### How to complete this task
Every line with the word "elim" in it should be extracted from the data that follows.

### Saved entries
[Start of Attachment]
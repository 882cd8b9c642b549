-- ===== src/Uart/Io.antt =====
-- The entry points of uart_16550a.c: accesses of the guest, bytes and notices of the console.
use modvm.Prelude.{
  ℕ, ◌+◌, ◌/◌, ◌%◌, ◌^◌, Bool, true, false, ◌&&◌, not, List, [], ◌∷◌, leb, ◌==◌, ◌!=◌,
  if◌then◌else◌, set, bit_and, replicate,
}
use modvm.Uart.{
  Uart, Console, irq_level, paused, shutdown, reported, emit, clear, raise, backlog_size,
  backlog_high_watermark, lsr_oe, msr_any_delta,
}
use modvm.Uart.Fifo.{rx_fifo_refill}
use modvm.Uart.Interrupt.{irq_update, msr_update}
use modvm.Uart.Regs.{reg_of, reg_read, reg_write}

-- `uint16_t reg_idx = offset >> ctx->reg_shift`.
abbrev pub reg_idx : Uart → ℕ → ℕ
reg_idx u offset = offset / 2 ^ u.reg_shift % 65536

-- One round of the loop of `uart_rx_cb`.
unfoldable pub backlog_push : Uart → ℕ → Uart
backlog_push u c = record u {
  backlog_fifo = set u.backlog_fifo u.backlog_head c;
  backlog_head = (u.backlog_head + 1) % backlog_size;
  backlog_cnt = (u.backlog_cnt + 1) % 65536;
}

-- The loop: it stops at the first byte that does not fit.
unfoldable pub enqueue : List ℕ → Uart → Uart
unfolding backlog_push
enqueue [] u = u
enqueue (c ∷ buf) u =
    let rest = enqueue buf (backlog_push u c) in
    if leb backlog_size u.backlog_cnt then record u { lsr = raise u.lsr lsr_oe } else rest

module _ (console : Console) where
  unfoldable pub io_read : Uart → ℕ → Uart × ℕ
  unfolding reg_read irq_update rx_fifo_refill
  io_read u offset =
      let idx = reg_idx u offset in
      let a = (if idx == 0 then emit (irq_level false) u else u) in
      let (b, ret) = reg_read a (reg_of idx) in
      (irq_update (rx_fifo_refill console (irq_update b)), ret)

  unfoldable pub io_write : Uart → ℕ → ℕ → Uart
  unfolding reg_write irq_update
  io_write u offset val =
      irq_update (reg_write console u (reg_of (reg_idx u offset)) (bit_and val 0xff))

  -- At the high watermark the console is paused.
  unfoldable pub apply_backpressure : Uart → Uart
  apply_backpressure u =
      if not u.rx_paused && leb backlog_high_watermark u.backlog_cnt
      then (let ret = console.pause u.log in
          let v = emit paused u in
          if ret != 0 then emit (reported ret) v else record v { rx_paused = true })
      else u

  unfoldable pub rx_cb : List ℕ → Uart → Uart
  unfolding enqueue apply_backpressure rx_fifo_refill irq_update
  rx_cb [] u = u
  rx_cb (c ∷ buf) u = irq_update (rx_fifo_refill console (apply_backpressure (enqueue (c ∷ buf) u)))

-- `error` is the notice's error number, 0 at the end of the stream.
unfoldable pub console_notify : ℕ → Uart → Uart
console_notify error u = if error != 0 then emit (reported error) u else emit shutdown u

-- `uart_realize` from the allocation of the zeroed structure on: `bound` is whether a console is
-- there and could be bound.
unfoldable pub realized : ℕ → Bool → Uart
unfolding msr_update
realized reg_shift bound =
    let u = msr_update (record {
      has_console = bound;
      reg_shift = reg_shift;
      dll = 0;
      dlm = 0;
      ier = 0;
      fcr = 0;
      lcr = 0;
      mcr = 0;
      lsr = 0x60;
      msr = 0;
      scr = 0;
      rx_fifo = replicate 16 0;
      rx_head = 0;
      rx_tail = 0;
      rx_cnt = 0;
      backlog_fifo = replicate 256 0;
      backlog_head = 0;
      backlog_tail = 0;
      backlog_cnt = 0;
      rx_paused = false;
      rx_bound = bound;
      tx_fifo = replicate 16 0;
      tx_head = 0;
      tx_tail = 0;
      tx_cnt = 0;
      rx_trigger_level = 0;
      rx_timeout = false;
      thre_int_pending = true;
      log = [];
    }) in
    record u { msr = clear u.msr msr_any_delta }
[End of Attachment]
[Start of Attachment]
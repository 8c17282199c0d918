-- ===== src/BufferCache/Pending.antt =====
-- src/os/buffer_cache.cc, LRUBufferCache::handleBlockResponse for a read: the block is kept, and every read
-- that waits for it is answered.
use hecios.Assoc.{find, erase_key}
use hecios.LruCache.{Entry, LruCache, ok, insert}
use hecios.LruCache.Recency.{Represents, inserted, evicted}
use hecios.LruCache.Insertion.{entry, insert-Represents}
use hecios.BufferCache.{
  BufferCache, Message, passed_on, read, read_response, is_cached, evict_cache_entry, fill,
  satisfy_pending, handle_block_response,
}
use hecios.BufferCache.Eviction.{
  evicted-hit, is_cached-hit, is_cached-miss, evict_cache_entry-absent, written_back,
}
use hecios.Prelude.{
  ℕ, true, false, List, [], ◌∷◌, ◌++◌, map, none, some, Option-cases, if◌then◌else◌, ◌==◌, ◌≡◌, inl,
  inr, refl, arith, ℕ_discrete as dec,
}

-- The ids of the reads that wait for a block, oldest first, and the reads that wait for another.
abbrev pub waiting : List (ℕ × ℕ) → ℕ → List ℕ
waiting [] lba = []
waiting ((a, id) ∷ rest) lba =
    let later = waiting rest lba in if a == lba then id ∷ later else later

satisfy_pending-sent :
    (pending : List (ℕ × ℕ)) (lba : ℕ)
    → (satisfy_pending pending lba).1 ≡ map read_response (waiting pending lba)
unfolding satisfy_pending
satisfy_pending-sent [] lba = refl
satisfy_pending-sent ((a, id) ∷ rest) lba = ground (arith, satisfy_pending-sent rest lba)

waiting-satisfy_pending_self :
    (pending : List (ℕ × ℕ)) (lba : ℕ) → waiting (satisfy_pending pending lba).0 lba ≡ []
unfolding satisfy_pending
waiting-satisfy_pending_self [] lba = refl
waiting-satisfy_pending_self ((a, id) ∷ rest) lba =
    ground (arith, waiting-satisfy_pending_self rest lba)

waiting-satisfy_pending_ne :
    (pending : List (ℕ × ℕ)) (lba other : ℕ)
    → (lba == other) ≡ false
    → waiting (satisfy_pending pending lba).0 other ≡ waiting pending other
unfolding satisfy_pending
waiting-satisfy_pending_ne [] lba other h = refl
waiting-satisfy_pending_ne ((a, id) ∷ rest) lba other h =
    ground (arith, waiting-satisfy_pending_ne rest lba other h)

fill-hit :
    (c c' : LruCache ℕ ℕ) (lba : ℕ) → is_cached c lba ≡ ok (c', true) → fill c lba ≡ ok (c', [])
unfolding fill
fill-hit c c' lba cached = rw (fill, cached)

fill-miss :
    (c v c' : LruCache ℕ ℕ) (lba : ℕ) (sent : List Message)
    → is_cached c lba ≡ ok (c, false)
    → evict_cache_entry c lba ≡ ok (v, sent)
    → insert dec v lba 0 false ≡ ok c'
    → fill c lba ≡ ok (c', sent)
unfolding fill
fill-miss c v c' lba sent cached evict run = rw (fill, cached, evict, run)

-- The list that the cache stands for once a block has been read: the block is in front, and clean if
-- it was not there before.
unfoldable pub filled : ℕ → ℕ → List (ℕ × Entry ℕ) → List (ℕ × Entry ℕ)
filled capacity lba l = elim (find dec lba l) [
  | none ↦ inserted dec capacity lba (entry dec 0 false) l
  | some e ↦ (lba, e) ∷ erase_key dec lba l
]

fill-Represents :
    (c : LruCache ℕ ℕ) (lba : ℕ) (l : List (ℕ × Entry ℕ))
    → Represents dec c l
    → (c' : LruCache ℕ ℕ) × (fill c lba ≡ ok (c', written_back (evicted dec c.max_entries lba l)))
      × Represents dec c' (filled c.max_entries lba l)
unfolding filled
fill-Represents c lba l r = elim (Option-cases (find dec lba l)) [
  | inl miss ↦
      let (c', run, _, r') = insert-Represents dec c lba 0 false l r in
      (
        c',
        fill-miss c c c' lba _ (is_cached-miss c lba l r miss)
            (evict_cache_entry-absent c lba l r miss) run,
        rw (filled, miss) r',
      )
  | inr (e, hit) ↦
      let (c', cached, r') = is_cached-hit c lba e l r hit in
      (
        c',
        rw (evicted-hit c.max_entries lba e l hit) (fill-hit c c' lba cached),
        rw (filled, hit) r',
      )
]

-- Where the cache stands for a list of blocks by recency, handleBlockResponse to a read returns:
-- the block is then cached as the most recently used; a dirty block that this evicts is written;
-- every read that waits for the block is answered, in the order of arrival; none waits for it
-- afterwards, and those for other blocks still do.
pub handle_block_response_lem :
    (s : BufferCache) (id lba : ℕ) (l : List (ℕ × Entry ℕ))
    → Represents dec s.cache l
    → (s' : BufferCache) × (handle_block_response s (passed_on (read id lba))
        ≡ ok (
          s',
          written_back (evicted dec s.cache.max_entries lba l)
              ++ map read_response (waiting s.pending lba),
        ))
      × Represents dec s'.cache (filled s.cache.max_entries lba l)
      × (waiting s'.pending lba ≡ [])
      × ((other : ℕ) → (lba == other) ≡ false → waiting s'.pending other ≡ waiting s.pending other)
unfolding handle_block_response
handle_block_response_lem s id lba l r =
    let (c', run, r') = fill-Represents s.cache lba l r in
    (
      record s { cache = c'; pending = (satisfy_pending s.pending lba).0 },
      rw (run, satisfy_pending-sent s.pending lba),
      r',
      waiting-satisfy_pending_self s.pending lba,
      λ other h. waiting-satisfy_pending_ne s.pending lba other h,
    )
[End of Attachment]
[Start of Attachment]
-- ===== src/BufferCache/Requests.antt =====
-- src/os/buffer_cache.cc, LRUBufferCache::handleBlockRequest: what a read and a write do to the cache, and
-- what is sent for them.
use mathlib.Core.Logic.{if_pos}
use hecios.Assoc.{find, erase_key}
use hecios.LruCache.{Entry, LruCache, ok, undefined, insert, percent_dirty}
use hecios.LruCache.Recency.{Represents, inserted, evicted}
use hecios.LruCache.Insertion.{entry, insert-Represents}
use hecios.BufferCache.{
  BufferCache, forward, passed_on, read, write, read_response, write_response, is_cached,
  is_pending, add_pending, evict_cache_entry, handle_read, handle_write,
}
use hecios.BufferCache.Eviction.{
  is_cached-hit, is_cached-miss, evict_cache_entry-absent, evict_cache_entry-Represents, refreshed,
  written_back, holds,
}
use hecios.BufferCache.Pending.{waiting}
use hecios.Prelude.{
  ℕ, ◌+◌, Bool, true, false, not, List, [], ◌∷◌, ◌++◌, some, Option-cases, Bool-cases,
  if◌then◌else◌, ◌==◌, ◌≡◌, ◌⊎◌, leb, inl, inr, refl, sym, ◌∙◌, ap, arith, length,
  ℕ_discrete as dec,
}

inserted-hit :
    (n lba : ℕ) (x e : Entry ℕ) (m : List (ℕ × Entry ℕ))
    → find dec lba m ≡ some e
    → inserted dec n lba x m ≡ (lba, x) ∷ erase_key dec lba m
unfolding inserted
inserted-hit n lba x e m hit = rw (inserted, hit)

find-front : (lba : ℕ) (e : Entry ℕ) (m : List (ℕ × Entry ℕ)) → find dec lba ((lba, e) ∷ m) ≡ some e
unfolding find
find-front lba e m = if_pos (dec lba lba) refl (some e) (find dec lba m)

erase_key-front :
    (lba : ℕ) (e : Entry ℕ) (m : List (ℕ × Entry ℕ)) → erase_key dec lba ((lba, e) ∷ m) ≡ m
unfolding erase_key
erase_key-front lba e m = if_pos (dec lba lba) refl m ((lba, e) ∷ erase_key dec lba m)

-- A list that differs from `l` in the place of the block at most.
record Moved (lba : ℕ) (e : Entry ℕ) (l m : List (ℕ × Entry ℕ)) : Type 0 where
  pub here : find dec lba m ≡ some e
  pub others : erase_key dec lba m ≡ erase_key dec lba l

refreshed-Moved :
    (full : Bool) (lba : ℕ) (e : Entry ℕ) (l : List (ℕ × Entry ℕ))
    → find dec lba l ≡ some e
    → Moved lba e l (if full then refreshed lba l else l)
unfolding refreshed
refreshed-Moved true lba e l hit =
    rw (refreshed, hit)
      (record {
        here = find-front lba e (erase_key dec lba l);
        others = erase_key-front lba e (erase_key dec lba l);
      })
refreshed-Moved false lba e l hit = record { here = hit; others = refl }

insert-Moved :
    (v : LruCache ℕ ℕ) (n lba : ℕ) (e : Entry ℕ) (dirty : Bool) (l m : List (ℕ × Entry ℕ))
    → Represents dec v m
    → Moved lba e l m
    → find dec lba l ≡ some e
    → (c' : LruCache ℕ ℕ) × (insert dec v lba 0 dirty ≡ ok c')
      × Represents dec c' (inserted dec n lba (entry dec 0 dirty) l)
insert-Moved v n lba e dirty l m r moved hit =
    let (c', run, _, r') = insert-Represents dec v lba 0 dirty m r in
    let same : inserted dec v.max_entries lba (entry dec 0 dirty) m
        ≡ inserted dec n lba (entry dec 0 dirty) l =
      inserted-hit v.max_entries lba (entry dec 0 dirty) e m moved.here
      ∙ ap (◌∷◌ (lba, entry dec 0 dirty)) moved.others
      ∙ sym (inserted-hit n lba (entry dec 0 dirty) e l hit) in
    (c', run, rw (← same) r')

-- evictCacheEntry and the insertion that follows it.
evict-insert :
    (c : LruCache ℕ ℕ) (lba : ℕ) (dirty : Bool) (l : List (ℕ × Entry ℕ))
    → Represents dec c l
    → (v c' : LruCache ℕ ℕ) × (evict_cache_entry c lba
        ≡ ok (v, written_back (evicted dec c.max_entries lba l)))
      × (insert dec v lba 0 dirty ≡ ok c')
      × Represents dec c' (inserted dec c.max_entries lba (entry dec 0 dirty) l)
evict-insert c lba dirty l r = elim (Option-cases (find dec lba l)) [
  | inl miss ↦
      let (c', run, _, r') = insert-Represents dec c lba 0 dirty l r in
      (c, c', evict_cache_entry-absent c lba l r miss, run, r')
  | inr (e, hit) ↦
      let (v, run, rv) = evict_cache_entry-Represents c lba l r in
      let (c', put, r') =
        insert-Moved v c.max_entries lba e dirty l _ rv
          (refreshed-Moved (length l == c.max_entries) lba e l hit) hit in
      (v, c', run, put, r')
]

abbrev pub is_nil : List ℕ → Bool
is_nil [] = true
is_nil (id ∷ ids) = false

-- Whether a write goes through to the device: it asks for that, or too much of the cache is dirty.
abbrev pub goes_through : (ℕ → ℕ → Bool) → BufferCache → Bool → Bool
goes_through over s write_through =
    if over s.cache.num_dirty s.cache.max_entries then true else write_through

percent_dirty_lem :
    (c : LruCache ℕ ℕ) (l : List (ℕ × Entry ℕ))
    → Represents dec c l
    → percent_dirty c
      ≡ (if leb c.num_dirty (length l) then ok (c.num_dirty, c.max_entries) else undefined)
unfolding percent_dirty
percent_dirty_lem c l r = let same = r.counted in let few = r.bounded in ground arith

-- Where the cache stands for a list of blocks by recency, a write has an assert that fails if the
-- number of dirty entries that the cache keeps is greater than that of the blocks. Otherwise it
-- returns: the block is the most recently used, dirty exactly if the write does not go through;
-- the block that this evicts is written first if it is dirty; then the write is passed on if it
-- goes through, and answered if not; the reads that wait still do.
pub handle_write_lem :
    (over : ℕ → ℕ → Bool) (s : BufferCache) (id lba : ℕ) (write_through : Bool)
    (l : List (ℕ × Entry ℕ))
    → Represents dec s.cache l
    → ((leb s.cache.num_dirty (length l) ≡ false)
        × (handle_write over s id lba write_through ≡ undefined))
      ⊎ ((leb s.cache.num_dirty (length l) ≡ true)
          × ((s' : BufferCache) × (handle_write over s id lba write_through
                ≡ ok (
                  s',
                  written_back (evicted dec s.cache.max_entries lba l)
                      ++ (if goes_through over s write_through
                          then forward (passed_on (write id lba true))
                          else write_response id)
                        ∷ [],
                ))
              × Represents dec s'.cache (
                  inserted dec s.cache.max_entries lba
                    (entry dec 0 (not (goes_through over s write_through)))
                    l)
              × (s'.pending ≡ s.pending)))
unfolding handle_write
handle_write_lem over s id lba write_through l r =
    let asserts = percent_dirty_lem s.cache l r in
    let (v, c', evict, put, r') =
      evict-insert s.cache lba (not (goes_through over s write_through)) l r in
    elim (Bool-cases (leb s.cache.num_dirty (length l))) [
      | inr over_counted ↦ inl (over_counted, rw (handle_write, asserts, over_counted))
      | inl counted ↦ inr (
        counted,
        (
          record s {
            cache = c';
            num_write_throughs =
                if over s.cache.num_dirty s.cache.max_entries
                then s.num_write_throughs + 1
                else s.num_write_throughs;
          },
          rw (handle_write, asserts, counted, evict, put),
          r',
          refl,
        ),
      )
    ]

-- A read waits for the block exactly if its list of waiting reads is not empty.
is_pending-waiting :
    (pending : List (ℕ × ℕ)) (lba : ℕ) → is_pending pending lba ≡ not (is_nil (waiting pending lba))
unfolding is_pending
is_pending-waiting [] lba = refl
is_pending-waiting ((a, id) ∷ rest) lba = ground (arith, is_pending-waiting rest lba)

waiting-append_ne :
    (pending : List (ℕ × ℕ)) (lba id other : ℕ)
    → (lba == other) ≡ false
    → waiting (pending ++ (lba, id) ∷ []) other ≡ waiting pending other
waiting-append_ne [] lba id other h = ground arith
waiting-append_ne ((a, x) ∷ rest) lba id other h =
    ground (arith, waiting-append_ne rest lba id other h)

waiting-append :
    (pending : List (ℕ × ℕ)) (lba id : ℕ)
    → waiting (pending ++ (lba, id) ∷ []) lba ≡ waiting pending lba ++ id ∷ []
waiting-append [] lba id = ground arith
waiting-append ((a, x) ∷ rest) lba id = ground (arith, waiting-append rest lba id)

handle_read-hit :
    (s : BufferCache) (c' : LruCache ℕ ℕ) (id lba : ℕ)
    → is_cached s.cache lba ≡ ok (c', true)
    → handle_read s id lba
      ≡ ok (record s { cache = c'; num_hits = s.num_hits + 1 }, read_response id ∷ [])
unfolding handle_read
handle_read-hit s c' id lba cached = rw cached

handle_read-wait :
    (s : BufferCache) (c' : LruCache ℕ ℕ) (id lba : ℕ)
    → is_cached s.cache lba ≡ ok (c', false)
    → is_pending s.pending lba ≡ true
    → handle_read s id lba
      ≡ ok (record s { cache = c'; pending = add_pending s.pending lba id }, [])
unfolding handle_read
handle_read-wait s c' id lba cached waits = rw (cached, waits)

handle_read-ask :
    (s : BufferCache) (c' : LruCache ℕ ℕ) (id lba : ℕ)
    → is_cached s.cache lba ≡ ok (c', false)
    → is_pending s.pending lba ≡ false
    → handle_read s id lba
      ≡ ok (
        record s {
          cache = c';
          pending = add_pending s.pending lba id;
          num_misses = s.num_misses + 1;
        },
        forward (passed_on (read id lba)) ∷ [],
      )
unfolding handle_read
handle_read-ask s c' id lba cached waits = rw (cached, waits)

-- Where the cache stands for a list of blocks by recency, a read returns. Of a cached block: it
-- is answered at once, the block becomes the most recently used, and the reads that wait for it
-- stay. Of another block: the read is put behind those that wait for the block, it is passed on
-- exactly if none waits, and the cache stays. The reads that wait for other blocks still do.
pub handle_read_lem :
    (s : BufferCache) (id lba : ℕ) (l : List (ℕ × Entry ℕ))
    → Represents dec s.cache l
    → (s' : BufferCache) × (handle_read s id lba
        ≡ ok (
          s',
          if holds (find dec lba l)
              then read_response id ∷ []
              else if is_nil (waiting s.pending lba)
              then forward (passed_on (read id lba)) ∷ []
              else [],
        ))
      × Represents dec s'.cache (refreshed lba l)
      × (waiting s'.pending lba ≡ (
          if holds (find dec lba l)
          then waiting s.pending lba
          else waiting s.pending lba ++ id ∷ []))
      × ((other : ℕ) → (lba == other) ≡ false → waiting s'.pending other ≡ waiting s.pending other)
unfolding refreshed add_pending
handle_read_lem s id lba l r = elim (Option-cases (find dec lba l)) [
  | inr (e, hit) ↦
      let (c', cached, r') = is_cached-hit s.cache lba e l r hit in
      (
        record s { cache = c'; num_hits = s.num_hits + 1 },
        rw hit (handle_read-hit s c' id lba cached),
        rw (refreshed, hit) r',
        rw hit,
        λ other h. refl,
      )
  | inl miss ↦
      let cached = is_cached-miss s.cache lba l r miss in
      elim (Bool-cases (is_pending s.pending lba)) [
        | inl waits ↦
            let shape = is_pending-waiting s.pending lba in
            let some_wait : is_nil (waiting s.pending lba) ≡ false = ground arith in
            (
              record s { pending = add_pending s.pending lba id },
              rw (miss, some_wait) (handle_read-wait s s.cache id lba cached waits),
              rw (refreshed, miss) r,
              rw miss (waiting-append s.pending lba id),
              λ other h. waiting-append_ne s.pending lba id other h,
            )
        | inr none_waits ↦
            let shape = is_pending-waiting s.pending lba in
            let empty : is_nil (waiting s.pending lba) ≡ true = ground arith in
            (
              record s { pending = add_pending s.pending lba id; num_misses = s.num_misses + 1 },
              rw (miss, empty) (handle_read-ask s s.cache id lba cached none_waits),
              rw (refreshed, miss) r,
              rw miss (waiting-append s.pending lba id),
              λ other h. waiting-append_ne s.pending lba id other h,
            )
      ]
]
[End of Attachment]
### Output of the exercise
filled capacity lba l = elim (find dec lba l) [
fill-Represents c lba l r = elim (Option-cases (find dec lba l)) [
evict-insert c lba dirty l r = elim (Option-cases (find dec lba l)) [
    elim (Bool-cases (leb s.cache.num_dirty (length l))) [
handle_read_lem s id lba l r = elim (Option-cases (find dec lba l)) [
      elim (Bool-cases (is_pending s.pending lba)) [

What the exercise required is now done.